= Beginning of Section =

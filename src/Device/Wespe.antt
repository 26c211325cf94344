-- ===== src/Device/Wespe.antt =====
-- The objects of WESPE-MIB: firmware/components/mib/mib_wespe.c.
use wespe.Prelude.{ℕ, ◌/◌, ◌%◌, ◌^◌, ◌&&◌, not, none, some, List, [], ◌∷◌, ◌==◌, if◌then◌else◌}
use wespe.Ber.Types.{tag_integer, tag_gauge32}
use wespe.Mib.Types.{MibResult, Access, Getter, Setter, Object}
use wespe.Mib.Registry.{Registry, register_module}
use wespe.Hal.Interfaces.{Hal}
use wespe.Device.Types.{Device, with_integer, get_integer}

abbrev pub oid_wespe_temperature : List ℕ
oid_wespe_temperature = 1 ∷ 3 ∷ 6 ∷ 1 ∷ 4 ∷ 1 ∷ 99999 ∷ 2 ∷ 1 ∷ 0 ∷ []

abbrev pub oid_wespe_relay_state : List ℕ
oid_wespe_relay_state = 1 ∷ 3 ∷ 6 ∷ 1 ∷ 4 ∷ 1 ∷ 99999 ∷ 2 ∷ 2 ∷ 0 ∷ []

abbrev pub oid_wespe_uptime_seconds : List ℕ
oid_wespe_uptime_seconds = 1 ∷ 3 ∷ 6 ∷ 1 ∷ 4 ∷ 1 ∷ 99999 ∷ 2 ∷ 3 ∷ 0 ∷ []

abbrev pub oid_wespe_free_heap : List ℕ
oid_wespe_free_heap = 1 ∷ 3 ∷ 6 ∷ 1 ∷ 4 ∷ 1 ∷ 99999 ∷ 2 ∷ 4 ∷ 0 ∷ []

abbrev pub oid_wespe_wifi_rssi : List ℕ
oid_wespe_wifi_rssi = 1 ∷ 3 ∷ 6 ∷ 1 ∷ 4 ∷ 1 ∷ 99999 ∷ 2 ∷ 5 ∷ 0 ∷ []

module _ {H : Type 0} (hal : Hal H) where
  unfoldable pub get_temperature : Getter (Device H)
  get_temperature = get_integer hal.sensor_read_temperature

  unfoldable pub get_relay_state : Getter (Device H)
  get_relay_state d vb = elim (hal.relay_get_state d.hardware) [
    | none ↦ (MibResult.gen_err, vb, d)
    | some on ↦ (MibResult.ok, with_integer (if on then 1 else 0) vb, d)
  ]

  unfoldable pub set_relay_state : Setter (Device H)
  set_relay_state d vb =
      let (done, hardware) = hal.relay_set_state (vb.int_value == 1) d.hardware in
      if not (vb.value_tag == tag_integer)
      then (MibResult.wrong_type, d)
      else if not (vb.int_value == 0) && not (vb.int_value == 1)
      then (MibResult.wrong_value, d)
      else (if done then MibResult.ok else MibResult.gen_err, record d { hardware = hardware })

  unfoldable pub get_uptime_seconds : Getter (Device H)
  get_uptime_seconds d vb =
      let seconds = hal.uptime_ms d.hardware / 1000 in
      (MibResult.ok, record vb { value_tag = tag_gauge32; int_value = seconds % 2 ^ 32 }, d)

  unfoldable pub get_free_heap : Getter (Device H)
  get_free_heap d vb = (
    MibResult.ok,
    record vb { value_tag = tag_gauge32; int_value = hal.free_heap_bytes d.hardware },
    d,
  )

  unfoldable pub get_wifi_rssi : Getter (Device H)
  get_wifi_rssi = get_integer hal.wifi_rssi_dbm

  abbrev pub mib_wespe_objects : List (Object (Device H))
  mib_wespe_objects =
      record {
        oid = oid_wespe_temperature;
        value_tag = tag_integer;
        access = Access.ro;
        getter = get_temperature;
        setter = none;
      }
      ∷ record {
        oid = oid_wespe_relay_state;
        value_tag = tag_integer;
        access = Access.rw;
        getter = get_relay_state;
        setter = some set_relay_state;
      }
      ∷ record {
        oid = oid_wespe_uptime_seconds;
        value_tag = tag_gauge32;
        access = Access.ro;
        getter = get_uptime_seconds;
        setter = none;
      }
      ∷ record {
        oid = oid_wespe_free_heap;
        value_tag = tag_gauge32;
        access = Access.ro;
        getter = get_free_heap;
        setter = none;
      }
      ∷ record {
        oid = oid_wespe_wifi_rssi;
        value_tag = tag_integer;
        access = Access.ro;
        getter = get_wifi_rssi;
        setter = none;
      }
      ∷ []

  unfoldable pub mib_wespe_register : Registry (Device H) → Registry (Device H)
  mib_wespe_register reg = (register_module mib_wespe_objects reg).0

= End of Section =

> [PROBLEM TO WORK ON]
Print exactly the stretch of lines beginning with the one that holds "oid = oid_wespe_free_heap;" and ending at the last line above.

> [SOLUTION TO THE EXERCISE]
        oid = oid_wespe_free_heap;
        value_tag = tag_gauge32;
        access = Access.ro;
        getter = get_free_heap;
        setter = none;
      }
      ∷ record {
        oid = oid_wespe_wifi_rssi;
        value_tag = tag_integer;
        access = Access.ro;
        getter = get_wifi_rssi;
        setter = none;
      }
      ∷ []

  unfoldable pub mib_wespe_register : Registry (Device H) → Registry (Device H)
  mib_wespe_register reg = (register_module mib_wespe_objects reg).0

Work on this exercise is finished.